As for some performance drop "side effect" with small resolution (such as 352x288), it's because only the PPCS and PA Ref objects which are not referenced by other picture(s) any more can be dequeued from their corresponding FIFOs, rather than that the ones which are still referenced by other picture(s) could be dequeued without this PR applied. So by enlarging the length of those FIFOs, the encoding performance can be increased to ~600 FPS:

diff --git a/Source/Lib/Codec/EbEncHandle.c b/Source/Lib/Codec/EbEncHandle.c
index 3ca232a..853f9d3 100644
--- a/Source/Lib/Codec/EbEncHandle.c
+++ b/Source/Lib/Codec/EbEncHandle.c
@@ -1960,10 +1960,10 @@ void LoadDefaultBufferConfigurationSettings(
     sequenceControlSetPtr->tileGroupRowCountArray[5] = tileGroupRowCount;

     //#====================== Data Structures and Picture Buffers ======================
-    sequenceControlSetPtr->pictureControlSetPoolInitCount       = inputPic;
+    sequenceControlSetPtr->pictureControlSetPoolInitCount       = inputPic * 2;
     sequenceControlSetPtr->pictureControlSetPoolInitCountChild  = MAX(4, coreCount / 6);
     sequenceControlSetPtr->referencePictureBufferInitCount      = inputPic;//MAX((EB_U32)(sequenceControlSetPtr->inputOutputBufferFifoInitCount >> 1), (EB_U32)((1 << sequenceControlSetPtr->staticConfig.hierarchicalLevels) + 2));
-    sequenceControlSetPtr->paReferencePictureBufferInitCount    = inputPic;//MAX((EB_U32)(sequenceControlSetPtr->inputOutputBufferFifoInitCount >> 1), (EB_U32)((1 << sequenceControlSetPtr->staticConfig.hierarchicalLevels) + 2));
+    sequenceControlSetPtr->paReferencePictureBufferInitCount    = inputPic * 2;//MAX((EB_U32)(sequenceControlSetPtr->inputOutputBufferFifoInitCount >> 1), (EB_U32)((1 << sequenceControlSetPtr->staticConfig.hierarchicalLevels) + 2));
     sequenceControlSetPtr->reconBufferFifoInitCount             = sequenceControlSetPtr->referencePictureBufferInitCount;

     //#====================== Inter process Fifos ======================

Addressed the "side effect" by commit.

Austin-Hu commented 4 years ago

Would it make more sense to add a null pointer check to EbReleaseObject?

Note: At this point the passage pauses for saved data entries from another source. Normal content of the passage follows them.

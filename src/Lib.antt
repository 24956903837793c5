-- ===== src/Lib.antt =====
-- The verification library of the repository's pure core: routing, dependency ordering, the
-- statechart engine, guards, scheduling and configuration.
--
-- Prelude holds what the parts share: Boolean tests on numbers, lists measured with native numbers,
-- a result type, texts, comparison functions and insertion sort, finite sets and maps as lists, and
-- runs that may be out of fuel.
--
-- Routing is nivasa-routing/src/lib.rs. A path is normalised and split into segments
-- (Routing.Path); a pattern is parsed from segments, printed, and ordered by specificity
-- (Routing.Pattern); a pattern is matched against a path with backtracking over optional parameters
-- (Routing.Capture). Both registries keep their table sorted by specificity together with an index
-- of its positions by first literal segment (Routing.Index): RouteRegistry maps paths to values
-- (Routing.Registry), RouteDispatchRegistry also looks at the method (Routing.Method) and at the
-- version, which comes from a header, a media type or the path (Routing.Version,
-- Routing.Controller). A look-up asks the index for candidates, keeps those that match, and prefers
-- the requested version (Routing.Dispatch.Selection); the selection answers with a route, with the
-- allowed methods, or with nothing. Routing.Dispatch.Access has the remaining accessors. Names
-- follow the source; where two types of the source have a method of one name, the method of the
-- selection is called selected_entry, selected_match, selected_value and dispatch_selection, and
-- the path of a pattern is pattern_path.
--
-- Core.Graph is nivasa-core/src/di/graph.rs: the dependency graph of providers and its depth-first
-- topological walk, with the error for a cycle. Core.Modules is what module metadata, dynamic
-- modules and the module registry (nivasa-core/src/module/mod.rs, dynamic.rs, registry.rs) do to
-- register a module and to find the modules it consumes providers from and the types that it
-- exports and sees. Core.Modules.Imports is the registry's order of initialisation; it is shown to
-- do what the dependency graph's walk does on the graph of the imports.
--
-- Statechart.Engine is nivasa-statechart/src/engine.rs: the engine that alone changes the state of
-- a statechart, its tracer and its bounded history, in debug and release builds.
-- Statechart.Document is the parsed document and its events (types.rs and the queries of
-- parser.rs); Statechart.Validator is validator.rs, with the search for reachable states and one
-- function for each check. Which characters are alphanumeric, and the text of an event for {:?},
-- are std's and a parameter, the record Std.
--
-- Common.Request is the request context of nivasa-common/src/lib.rs. Guards is
-- nivasa-guards/src/lib.rs: what a guard sees (Guards.Context, which holds a request context), the
-- throttler's storage and guard (Guards.Throttle), the guard for bearer tokens (Guards.Auth) and
-- for roles (Guards.Roles). Values of serde_json are a parameter with accessors, the record Json.
-- Times and durations are numbers of nanoseconds, and the time of a call is an argument.
--
-- Scheduling is nivasa-scheduling/src/lib.rs: patterns, jobs and their registration;
-- Scheduling.Tick is tick_at, which fires the due jobs in rounds. The cron library and the calendar
-- are a parameter, the record Clock; the identifier that the source draws at random is an argument;
-- a handler changes a world of its own and does not call the scheduler.
--
-- Config is nivasa-config/src/lib.rs: options and look-ups, the lines of .env files (Config.Env),
-- expansion of references over the bytes of a value (Config.Expand, whose depth counts down from
-- nine where the source counts up to eight), loading with files and the process's variables
-- (Config.Load), schemas (Config.Schema) and the dynamic module that checks them
-- (Config.Bootstrap). Reading a file, the process's variables and parsing by FromStr are
-- parameters.
--
-- How the code is modelled. A text is the list of its code points, and the white space of trim
-- is Unicode's. A HashMap is an association list in an arbitrary order, which stands for the
-- arbitrary order of its iteration; a HashSet is a list. The index of the source is a HashMap
-- too, and is only asked for keys. A method that changes self returns the new value, and on an
-- error the source has changed nothing. std's stable sort_by is insertion sort. A TypeId is a
-- number. Indices and lengths are natural numbers: the source's usize values are lengths of
-- vectors in memory. The depth-first walk runs on fuel, one unit more than there are nodes;
-- resolve_order_total shows that this is enough for every graph. So do the walk over exported
-- surfaces, with exported_surface_for_total, the order of initialisation, with
-- import_resolve_order_total for registries as registration makes them, the validator's search,
-- with compute_reachable_lem, and tick_at, with tick_at_total for jobs with positive intervals.
-- All other loops are structural. The code that an SCXML document generates is a parameter, the
-- record StatechartSpec, of which the theorems assume nothing. A tracer is the list of the calls
-- it has had.
--
-- Not modelled. The crates around this core are asynchronous I/O, procedural macros, or glue over
-- libraries (hyper, serde, async_graphql); the rest of nivasa-core (the container, the
-- orchestrator) and the SCXML parser have logic of their own that this library does not cover.
pub mod Prelude
pub mod Common
pub mod Routing
pub mod Core
pub mod Statechart
pub mod Guards
pub mod Scheduling
pub mod Config
pub mod Examples
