-- ===== src/Common.antt =====
-- The crate nivasa-common: the context of a request.
pub mod Request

It's supposed that those PPCS and PA Ref object's corresponding wrappers exist in the EncDec and RateControl processes. Thanks!

tianjunwork commented 4 years ago

./SvtHevcEncApp -i ../../../../yuv/bbb_1920x1080_420p.yuv -w 1920 -h 1080 -encMode 0 -intra-period 100 -scd 0 -rc 0 -q 22 -n 1000 -b 0.265 random hang. I wonder if it can be fixed by this PR too.

Austin-Hu commented 4 years ago

./SvtHevcEncApp -i ../../../../yuv/bbb_1920x1080_420p.yuv -w 1920 -h 1080 -encMode 0 -intra-period 100 -scd 0 -rc 0 -q 22 -n 1000 -b 0.265 random hang. I wonder if it can be fixed by this PR too.

Thanks for capturing this!

At first, this is another (fixed, not random) hang issue which hasn't been addressed by this PR, or isn't regression caused by this PR.

And here is the hang pattern due to encMode 0 and intra period:

Anyway, it's another hang issue we need to look at.

tianjunwork commented 4 years ago

Hi @Austin-Hu , the performance data in above table is without the fixes of fifo size, right? With the fix of PPCS and PA fifo size, cif fps goes up to 600?

Austin-Hu commented 4 years ago

Hi @Austin-Hu , the performance data in above table is without the fixes of fifo size, right? With the fix of PPCS and PA fifo size, cif fps goes up to 600?

Yes, I got the dropped performance data before figuring out this commit. And with that commit applied as well, there isn't performance gap with the whole PR applied or not.

tianjunwork commented 4 years ago
Memory: 1080p cif
master allocated memory 2.29G 899.14 MB
This PR allocated memory 2.83G 940MB

Speed: image Total execution time is not affected much.

image Both cif and 1080P fps gains at faster encmode.